Bustamante indicates he began taking Farxiga in 2018 to help treat his Type 2 diabetes, and was left with permanent injuries that could have been prevented.

“After beginning treatment with Farxiga, and as a direct and proximate result thereof, Plaintiff required extensive medical treatment and suffered debilitating injuries, including, but not limited to, destruction of critical tissue and bodily structures, necrotizing fasciitis of the perineum and genital region, and other injuries the full extent of which are not yet realized,” the lawsuit states. “Plaintiff’s injuries were preventable and resulted directly from Defendants’ failure and refusal to conduct proper safety studies, failure to properly assess and publicize alarming safety signals, suppression of information revealing serious and life-threatening risks, willful and wanton failure to provide adequate instructions and warnings, and willful misrepresentations concerning the nature and safety of Farxiga.”

An analysis of 12 Fournier’s gangrene cases led to the FDA’s safety alert in 2018, after which the agency required new label warnings be added to all drugs belonging to the class, including Invokana, Invokamet, Invokamet XR, Farxiga, Xigduo XR, Qtern, Jardiance, Glyxambi, Synjardy, Synjardy XR, Steglatro, Segluromet and Steglujan. Steglatro was the only drug not linked to a case of flesh-eating genital infection, but the agency is requiring it to carry a label warning anyway.

The agency indicated the infections developed within several months of beginning treatment with one of the drugs and all 12 patients underwent hospitalization and surgery. According to the FDA’s findings, at least one patient died, while others suffered multiple disfiguring surgeries and other complications.

Other Side Effects of Farxiga and Similar Drugs

The flesh-eating genital infection warning was just one of several adverse health risk added to Farxiga and similar drugs since they were first introduced on the market. The previous warnings included kidney failure, diabetic ketoacidosis and amputations (specifically for Invokana). The drugs did not carry warnings for any of those risks when they were first approved by the FDA.

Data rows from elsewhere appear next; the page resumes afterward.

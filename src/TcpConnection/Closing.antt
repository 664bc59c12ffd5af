-- ===== src/TcpConnection/Closing.antt =====
-- The two ways in which a connection comes to its end, and what each leaves behind.
use cevent_loop.Prelude.{
  ℕ, ◌≡◌, refl, sym, ap, ◌∙◌, inr, List, [], ◌∷◌, Option, none, true, false, Exec, ok, ◌>>=◌,
}
use cevent_loop.Prelude.Int.{ℤ}
use cevent_loop.Prelude.Maps.{put_self}
use cevent_loop.Buffer.{Buffer, stored, read_fd}
use cevent_loop.Channel.{ask_nothing}
use cevent_loop.Poller
use cevent_loop.Poller.{Poller, PollFd}
use cevent_loop.Poller.Valid.{Registered}
use cevent_loop.Poller.Interest.{interest-Reaches}
use cevent_loop.Poller.Remove.{remove_channel-Removed}
use cevent_loop.TcpConnection.{
  Net, Callbacks, disconnected, is_connected, descriptor, invoke, silence, drop_channel, with_state,
  handle_close, connect_destroyed, handle_read, received,
}

module _ {W : Type 0} where
  -- A function that is there, and leaves the connection alone.
  abbrev Harmless : Option (Net W → Exec (Net W)) → Type 0
  Harmless f = (s : Net W) → (w : W) × (invoke f s ≡ ok (record s { world = w }))

  -- The channel is registered with a consistent poller.
  pub record Attached (s : Net W) : Type 0 where
    pub poller : cevent_loop.Poller.Valid.IsValid s.poller
    pub registered : (i : ℕ) × (p : PollFd) × Registered s.poller s.conn.channel i p

  pub silence_lem :
      (s : Net W)
      → Attached s
      → (p : Poller) × (silence s ≡ ok (record s { poller = p }))
        × Attached (record s { poller = p })
        × (descriptor (record s { poller = p }) ≡ descriptor s)
  unfolding silence ask_nothing
  silence_lem s a =
      let (p, e, v, r) = (interest-Reaches s.poller s.conn.channel a.poller (inr a.registered)).2 in
      (p, rw e refl, record { poller = v; registered = (r.0, _, r.1) }, r.1.fd_of ∙ refl)

  pub drop_channel_lem :
      (s : Net W)
      → Attached s
      → (p : Poller) × (drop_channel s ≡ ok (record s { poller = p }))
        × (p.channels (descriptor s) ≡ none)
  unfolding drop_channel
  drop_channel_lem s a =
      let (i, q, r) = a.registered in
      let (p, e, k) = remove_channel-Removed s.conn.channel i q a.poller r in
      (p, rw e refl, k.channels_of (descriptor s) ∙ put_self s.poller.channels (descriptor s) none)

  closes :
      (cb : Callbacks W) (s t u v x : Net W)
      → silence (with_state disconnected s) ≡ ok t
      → invoke cb.connection t ≡ ok u
      → invoke cb.close u ≡ ok v
      → is_connected v.conn.state ≡ false
      → drop_channel v ≡ ok x
      → (handle_close cb true s >>= connect_destroyed cb true) ≡ ok x
  unfolding handle_close connect_destroyed
  closes cb s t u v x e f g down h = rw (e, f, g, down, h) refl

  -- `handleRead` that reads nothing, from what its calls come to.
  pub handle_read-ends :
      (cb : Callbacks W) (time : ℕ) (b : Buffer) (s t u v : Net W)
      → read_fd (stored []) s.conn.input_buffer ≡ ok (stored [], b)
      → silence (with_state disconnected (record s { conn = record s.conn { input_buffer = b } }))
        ≡ ok t
      → invoke cb.connection t ≡ ok u
      → invoke cb.close u ≡ ok v
      → handle_read cb true time (stored []) s ≡ ok v
  unfolding handle_read received handle_close
  handle_read-ends cb time b s t u v d e f g = rw (d, e, f, g) refl

  destroys :
      (cb : Callbacks W) (s t u x : Net W)
      → is_connected s.conn.state ≡ true
      → silence (with_state disconnected s) ≡ ok t
      → invoke cb.connection t ≡ ok u
      → drop_channel (record u { closed = descriptor u ∷ u.closed }) ≡ ok x
      → connect_destroyed cb true s ≡ ok x
  unfolding connect_destroyed
  destroys cb s t u x up e f h = rw (up, e, f, h) refl

  -- What a connection that is gone leaves, with the descriptors that are closed by then.
  pub record Gone (closed : List ℤ) (s s' : Net W) : Type 0 where
    pub down : s'.conn.state ≡ disconnected
    pub unmapped : s'.poller.channels (descriptor s) ≡ none
    pub closed_of : s'.closed ≡ closed

  -- `connectDestroyed` of a connection that is up closes its descriptor and takes it out of the poller.
  -- When the peer closes first, and `handleClose` comes before `connectDestroyed`, the descriptor is
  -- taken out of the poller too, but nothing closes it. The channel is registered, and the callbacks
  -- are there and leave the connection alone.
  end_of_connection :
      (cb : Callbacks W) (s : Net W)
      → Attached s
      → Harmless cb.connection
      → Harmless cb.close
      → (is_connected s.conn.state ≡ true
          → (s' : Net W) × (connect_destroyed cb true s ≡ ok s')
            × Gone (descriptor s ∷ s.closed) s s')
        × ((s' : Net W) × ((handle_close cb true s >>= connect_destroyed cb true) ≡ ok s')
            × Gone s.closed s s')
  end_of_connection cb s a told shut =
      let a₀ : Attached (with_state disconnected s) = record {
        poller = a.poller;
        registered = a.registered;
      } in
      let (p, e, a₁, fd) = silence_lem (with_state disconnected s) a₀ in
      let t : Net W = record (with_state disconnected s) { poller = p } in
      let (w, f) = told t in
      let u : Net W = record t { world = w } in
      let (z, g) = shut u in
      let v : Net W = record u { world = z } in
      let y : Net W = record u { closed = descriptor u ∷ u.closed } in
      let (q, h, gone) =
        drop_channel_lem v (record { poller = a₁.poller; registered = a₁.registered }) in
      let (q', h', gone') =
        drop_channel_lem y (record { poller = a₁.poller; registered = a₁.registered }) in
      (
        λ up. (
          record y { poller = q' },
          destroys cb s t u (record y { poller = q' }) up e f h',
          record {
            down = refl;
            unmapped = ap q'.channels (sym fd) ∙ gone';
            closed_of = ap (λ d. d ∷ s.closed) fd;
          },
        ),
        (
          record v { poller = q },
          closes cb s t u v (record v { poller = q }) e f g refl h,
          record { down = refl; unmapped = ap q.channels (sym fd) ∙ gone; closed_of = refl },
        ),
      )
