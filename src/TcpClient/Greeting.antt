-- ===== src/TcpClient/Greeting.antt =====
-- What the default callback of a client sends.
use cevent_loop.Prelude.{
  ap, ◌∙◌, replicate, false, ℕ, ◌+◌, ◌≤◌, ◌≡◌, refl, true, false, arith, length, ok,
}
use cevent_loop.Prelude.Text.{codes}
use cevent_loop.Prelude.Segments.{overwrite}
use cevent_loop.Buffer
use cevent_loop.Buffer.{Buffer, contents, append, readable_bytes}
use cevent_loop.TcpConnection.{
  Net, Callbacks, Written, send_in_loop, took, connected, is_disconnected, is_connected,
  send_buffer,
}
use cevent_loop.TcpConnection.Keeping.{IsValid}
use cevent_loop.TcpConnection.Sending.{Quiet, Sent, send_in_loop-Sent}
use cevent_loop.TcpClient.{default_connection_callback}

abbrev pub hello : Buffer
hello = record {
  buf = overwrite (replicate 1032 0) 8 (codes "Hello World");
  reader_index = 8;
  writer_index = 19;
}

pub callback_sends :
    {W : Type 0} (cb : Callbacks W) (w : Written) (s : Net W)
    → default_connection_callback cb true w s ≡ send_buffer cb true w hello s
unfolding default_connection_callback append Buffer.new
callback_sends cb w s = refl

send_buffer_up :
    {W : Type 0} (cb : Callbacks W) (w : Written) (s : Net W)
    → is_connected s.conn.state ≡ true
    → send_buffer cb true w hello s ≡ send_in_loop cb true w hello.buf 8 11 s
unfolding send_buffer readable_bytes
send_buffer_up cb w s up = rw up refl

-- In the loop's thread, on a connection that is up with room for eleven bytes, the default connection
-- callback sends "Hello World": what the system took, followed by what is kept, is what it was with
-- these bytes behind it, however many of them the system takes at once.
pub greets :
    {W : Type 0} (cb : Callbacks W) (n : ℕ) (s : Net W)
    → IsValid s
    → s.conn.state ≡ connected
    → Quiet cb.write_complete
    → n ≤ 11
    → s.conn.output_buffer.writer_index + 11 ≤ length s.conn.output_buffer.buf
    → (s' : Net W) × (default_connection_callback cb true (took n) s ≡ ok s')
      × Sent (codes "Hello World") s s'
greets cb n s v up quiet part fits =
    let not_down : is_disconnected s.conn.state ≡ false = ap is_disconnected up in
    let (s', e, k) =
      send_in_loop-Sent cb n hello.buf 8 11 s v not_down quiet part (omega arith) fits in
    (s', callback_sends cb (took n) s ∙ send_buffer_up cb (took n) s (ap is_connected up) ∙ e, k)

Invokana (canagliflozin) was the first SGLT-2 inhibitor introduced to the market, which was approved in March 2013 and quickly became a blockbuster treatment. The medication works in a unique way, impacting some normal kidney functions to help remove glucose from the body through urine.

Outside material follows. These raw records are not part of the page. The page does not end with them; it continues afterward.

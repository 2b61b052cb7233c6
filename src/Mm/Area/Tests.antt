-- ===== src/Mm/Area/Tests.antt =====
-- Runs on a range of four pages, and the theorems at inputs that meet their premises.
use haoud_os.Base.{ℕ, ◌≡◌, ◌⊎◌, true, false, [], ◌∷◌, ok, panic, arith, refl}
use haoud_os.Mm.Heap.{Heap, setup_heap, place, kmalloc_no_security}
use haoud_os.Mm.Heap.Regions.{IsValid, setup_heap-IsValid}
use haoud_os.Mm.Heap.Alloc.{NoneFits}
use haoud_os.Mm.Area.{
  Areas, setup_vm_area, find_area, take_area, get_vm_area, free_vm_area, struct_vm_area_size,
}
use haoud_os.Mm.Area.Tiling.{IsTiled, used_regions}
use haoud_os.Mm.Area.Grant.{NoArea, Grants, get_vm_area_lem}
use haoud_os.Mm.Area.Release.{get_and_free, free_vm_area_lem, free-get_vm_area}

abbrev heap : Heap
unfolding setup_heap
heap = setup_heap 0x10_0000

abbrev start : Areas
unfolding heap setup_vm_area
start = setup_vm_area 0x40_0000 0x40_4000 heap

start-IsTiled : IsTiled 0x40_0000 0x40_4000 start.areas
unfolding start
start-IsTiled = omega arith

heap-IsValid : IsValid start.heap
unfolding start
heap-IsValid = setup_heap-IsValid 0x10_0000 (omega arith)

-- Two pages of four.
after_two : ℕ × Areas
after_two = elim (get_vm_area 2 start) [ ok r ↦ r | _ ↦ (0, start) ]

two_of_four :
    (after_two.0 ≡ 0x40_0000)
    × (after_two.1.areas
        ≡ record { base_addr = 0x40_0000; page_count = 2; used = true }
          ∷ record { base_addr = 0x40_2000; page_count = 2; used = false }
          ∷ [])
unfolding after_two start get_vm_area take_area find_area kmalloc_no_security place
two_of_four = (refl, refl)

get_vm_area_lem_example :
    (NoArea 2 start.areas × (get_vm_area 2 start ≡ ok (0, start)))
    ⊎ (NoneFits struct_vm_area_size start.heap.chunks × (get_vm_area 2 start ≡ panic))
    ⊎ ((r : ℕ × Areas) × (get_vm_area 2 start ≡ ok r) × Grants 2 0x40_0000 0x40_4000 start r)
unfolding start
get_vm_area_lem_example =
    get_vm_area_lem 2 0x40_0000 0x40_4000 start (omega arith) (λ e. cc) (λ e. cc) (omega arith)
      start-IsTiled heap-IsValid

abbrev two_used : Areas
unfolding heap
two_used = record {
  heap = heap;
  areas =
      record { base_addr = 0x40_0000; page_count = 2; used = true }
      ∷ record { base_addr = 0x40_2000; page_count = 2; used = false }
      ∷ [];
}

two_used-IsTiled : IsTiled 0x40_0000 0x40_4000 two_used.areas
unfolding two_used
two_used-IsTiled = omega arith

free_vm_area_lem_example :
    (s' : Areas) × (free_vm_area 0x40_0000 two_used ≡ ok s')
    × (used_regions s'.areas ≡ [])
    × IsTiled 0x40_0000 0x40_4000 s'.areas
    × (s'.heap ≡ two_used.heap)
unfolding two_used used_regions
free_vm_area_lem_example =
    free_vm_area_lem 0x40_0000 2 0x40_0000 0x40_4000 two_used [] [] two_used-IsTiled refl

some_area : ¬ NoArea 2 start.areas
unfolding start
some_area (none_fits, rest) = ground arith

some_room : ¬ NoneFits struct_vm_area_size start.heap.chunks
unfolding start
some_room (none_fits, rest) = ground arith

free-get_vm_area_example :
    (s' : Areas) × (get_and_free 2 start ≡ ok s')
    × (used_regions s'.areas ≡ used_regions start.areas)
    × IsTiled 0x40_0000 0x40_4000 s'.areas
    × IsValid s'.heap
unfolding start
free-get_vm_area_example =
    free-get_vm_area 2 0x40_0000 0x40_4000 start (omega arith) (λ e. cc) (λ e. cc) (omega arith)
      start-IsTiled heap-IsValid some_area some_room
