-- ===== src/Mm/Brk.antt =====
-- The end of the heap of a process, core/mm/brk.c.
use haoud_os.Base.{ℕ, ◌≤◌, ◌<◌, ◌≡◌, ◌⊎◌, ◌==◌, ltb, if◌then◌else◌, arith}

-- `brk_start` and `brk_end` of a process.
pub record Brk : Type 0 where
  pub brk_start : ℕ
  pub brk_end : ℕ

unfoldable pub init_brk : Brk
init_brk = record { brk_start = 0; brk_end = 0 }

-- The result, with the process' heap after the call.
unfoldable pub extend_brk : ℕ → Brk → ℕ × Brk
extend_brk addr p =
    if addr == 0
    then (p.brk_end, p)
    else if addr == p.brk_end
    then (p.brk_end, p)
    else if ltb addr p.brk_start
    then (0, p)
    else if p.brk_end == 0
    then (addr, record { brk_start = addr; brk_end = addr })
    else (addr, record p { brk_end = addr })

-- The heap does not end before it starts.
pub IsHeap : Brk → Type 0
IsHeap p = (p.brk_start ≤ p.brk_end)

pub init_brk-IsHeap : IsHeap init_brk
unfolding init_brk IsHeap
init_brk-IsHeap = omega arith

-- A call keeps the heap a heap. It returns the end of the heap, except for an address below its
-- start, where it returns 0 and changes nothing.
pub extend_brk-IsHeap :
    (addr : ℕ) (p : Brk)
    → IsHeap p
    → IsHeap ((extend_brk addr p).1)
      × (((extend_brk addr p).0 ≡ (extend_brk addr p).1.brk_end)
          ⊎ ((addr < p.brk_start) × (extend_brk addr p ≡ (0, p))))
unfolding extend_brk IsHeap
extend_brk-IsHeap addr p h = ground arith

In December 2015, the FDA required Johnson & Johnson to add new diabetic ketoacidosis warnings to Invokana and similar drugs, indicating the medications increase the risk of this serious condition, which typically results in the need for emergency treatment to avoid life-threatening injury. Prior to the update, the warnings failed to alert consumers about the importance of seeking immediate medical attention if they experience symptoms like abdominal pain, fatigue, nausea, respiratory problems or vomiting.

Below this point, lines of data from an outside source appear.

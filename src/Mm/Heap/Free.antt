-- ===== src/Mm/Heap/Free.antt =====
-- kfree: it gives back a block in use, and what it does to one that is free already.
use haoud_os.Base.{
  ℕ, ◌+◌, ◌^◌, ◌≤◌, ◌<◌, ◌≡◌, ◌≢◌, inl, inr, Bool, true, false, some, List, [], ◌∷◌, if◌then◌else◌,
  length, arith, Bool-cases, add32, sub32, ok, ◌==◌,
}
use haoud_os.Mm.Heap.{Chunk, Heap, header_size, header_magic, release, kfree}
use haoud_os.Mm.Heap.Regions.{
  AllApart, IsLaidOut, free_bytes, count_used, count_free, all_bytes, free_bytes-le,
  count_used-add-free, IsValid,
}

-- `cs` with the chunk `c` marked free.
pub data Released : List Chunk → Chunk → List Chunk → Type 0 where
  here : (c : Chunk) (cs : List Chunk) → Released (c ∷ cs) c (record c { used = false } ∷ cs)
  there : (d c : Chunk) (cs ds : List Chunk) → Released cs c ds → Released (d ∷ cs) c (d ∷ ds)

-- There is a chunk at an address, and it is in use or not.
abbrev pub HasChunk : ℕ → Bool → List Chunk → Type 0
HasChunk addr b [] = ⊥
HasChunk addr b (c ∷ cs) = if c.addr == addr then c.used ≡ b else HasChunk addr b cs

release-Released :
    (addr : ℕ) (b : Bool) (cs : List Chunk)
    → HasChunk addr b cs
    → (c : Chunk) × (ds : List Chunk) × (release addr cs ≡ some (c, ds))
      × Released cs c ds
      × (c.addr ≡ addr)
      × (c.used ≡ b)
unfolding release
release-Released addr b [] m = absurd m
release-Released addr b (d ∷ cs) m = elim (Bool-cases (d.addr == addr)) [
  | inl e ↦ (d, record d { used = false } ∷ cs, rw e, here d cs, ground arith, rw e at m)
  | inr n ↦
      let (c, ds, e, r, a, u) = release-Released addr b cs (rw n at m) in
      (c, d ∷ ds, rw (n, e), there d c cs ds r, a, u)
]

AllApart-Released :
    (x : Chunk) {c : Chunk} {cs ds : List Chunk} → Released cs c ds → AllApart x cs → AllApart x ds
AllApart-Released x (here c cs) (a, rest) = (a, rest)
AllApart-Released x (there d c cs ds r) (a, rest) = (a, AllApart-Released x r rest)

AllApart-freed :
    (c : Chunk) (cs : List Chunk) → AllApart c cs → AllApart (record c { used = false }) cs
AllApart-freed c [] a = tt
AllApart-freed c (d ∷ cs) (a, rest) = (a, AllApart-freed c cs rest)

IsLaidOut-Released :
    {c : Chunk} {cs ds : List Chunk}
    → Released cs c ds
    → IsLaidOut cs
    → IsLaidOut ds × (c.magic ≡ header_magic)
IsLaidOut-Released (here c cs) (a, e, m, l) = ((AllApart-freed c cs a, e, m, l), m)
IsLaidOut-Released (there d c cs ds r) (a, e, m, l) =
    let (l', m') = IsLaidOut-Released r l in ((AllApart-Released d r a, e, m, l'), m')

counters-Released :
    {c : Chunk} {cs ds : List Chunk}
    → Released cs c ds
    → (if c.used then free_bytes ds ≡ free_bytes cs + c.size else free_bytes ds ≡ free_bytes cs)
      × (count_used ds + (if c.used then 1 else 0) ≡ count_used cs)
      × (count_free ds ≡ count_free cs + (if c.used then 1 else 0))
      × (all_bytes ds ≡ all_bytes cs)
      × (length ds ≡ length cs)
unfolding free_bytes count_used count_free all_bytes
counters-Released (here c cs) = ground arith
counters-Released (there d c cs ds r) = ground (arith, counters-Released r)

freed_result :
    (obj : ℕ) (h : Heap) (c : Chunk) (ds : List Chunk)
    → h.chunks ≢ []
    → obj ≢ 0
    → c.magic ≡ header_magic
    → release (sub32 obj header_size) h.chunks ≡ some (c, ds)
    → kfree obj h
      ≡ ok (record h {
        chunks = ds;
        nb_chunks_used = sub32 h.nb_chunks_used 1;
        nb_chunks_free = add32 h.nb_chunks_free 1;
        heap_free_memory = add32 h.heap_free_memory c.size;
      })
unfolding kfree
freed_result obj h c ds ne nz m e = ground arith

HasChunk-ne-nil : (addr : ℕ) (b : Bool) (cs : List Chunk) → HasChunk addr b cs → cs ≢ []
HasChunk-ne-nil addr b [] m = absurd m
HasChunk-ne-nil addr b (c ∷ cs) m = λ e. cc

-- kfree marks the chunk of a block in use as free, leaves every other chunk alone and keeps the heap
-- valid.
pub kfree_lem :
    (obj : ℕ) (h : Heap)
    → IsValid h
    → header_size ≤ obj
    → obj < 2 ^ 32
    → HasChunk (sub32 obj header_size) true h.chunks
    → (c : Chunk) × (h' : Heap) × (kfree obj h ≡ ok h')
      × Released h.chunks c h'.chunks
      × (c.addr + header_size ≡ obj)
      × IsValid h'
kfree_lem obj h v lo hi m =
    let (c, ds, e, r, a, u) = release-Released (sub32 obj header_size) true h.chunks m in
    let (l, magic) = IsLaidOut-Released r v.laid_out in
    let counts = counters-Released r in
    let parts = count_used-add-free h.chunks in
    let below = free_bytes-le ds in
    (
      c,
      _,
      freed_result obj h c ds (HasChunk-ne-nil _ true h.chunks m) (omega arith) magic e,
      r,
      omega arith,
      record {
        laid_out = l;
        free_memory = ground arith;
        used_chunks = ground arith;
        free_chunks = ground arith;
        bounded = ground arith;
      },
    )

-- A block that is freed twice: kfree does not look at the flag, and counts its chunk as free a second
-- time, so that the heap claims one free chunk and its bytes more than it has.
pub kfree_twice :
    (obj : ℕ) (h : Heap)
    → IsValid h
    → header_size ≤ obj
    → obj < 2 ^ 32
    → HasChunk (sub32 obj header_size) false h.chunks
    → (c : Chunk) × (h' : Heap) × (kfree obj h ≡ ok h')
      × (h'.nb_chunks_free ≡ count_free h'.chunks + 1)
      × (h'.heap_free_memory ≡ add32 (free_bytes h'.chunks) c.size)
      × (¬ IsValid h')
kfree_twice obj h v lo hi m =
    let (c, ds, e, r, a, u) = release-Released (sub32 obj header_size) false h.chunks m in
    let (l, magic) = IsLaidOut-Released r v.laid_out in
    let counts = counters-Released r in
    let parts = count_used-add-free h.chunks in
    let below = free_bytes-le ds in
    let more : add32 h.nb_chunks_free 1 ≡ count_free ds + 1 = ground arith in
    (
      c,
      _,
      freed_result obj h c ds (HasChunk-ne-nil _ false h.chunks m) (omega arith) magic e,
      more,
      ground arith,
      λ w. omega (arith, w.free_chunks, more),
    )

In June 2016, the FDA required additional label warnings about the link between kidney risks and Farxiga and other drugs from its class, indicating the medications may increase the risk of acute kidney injury and other severe health problems.

Johnson & Johnson and Janssen faced several thousand other Invokana lawsuits, which allege users and the medical community were not provided adequate warnings at the time the drug was first introduced. The makers of other diabetes drugs from the same class, including Xigduo and Farxiga, have also faced similar lawsuits; though most have been filed against the makers of Invokana.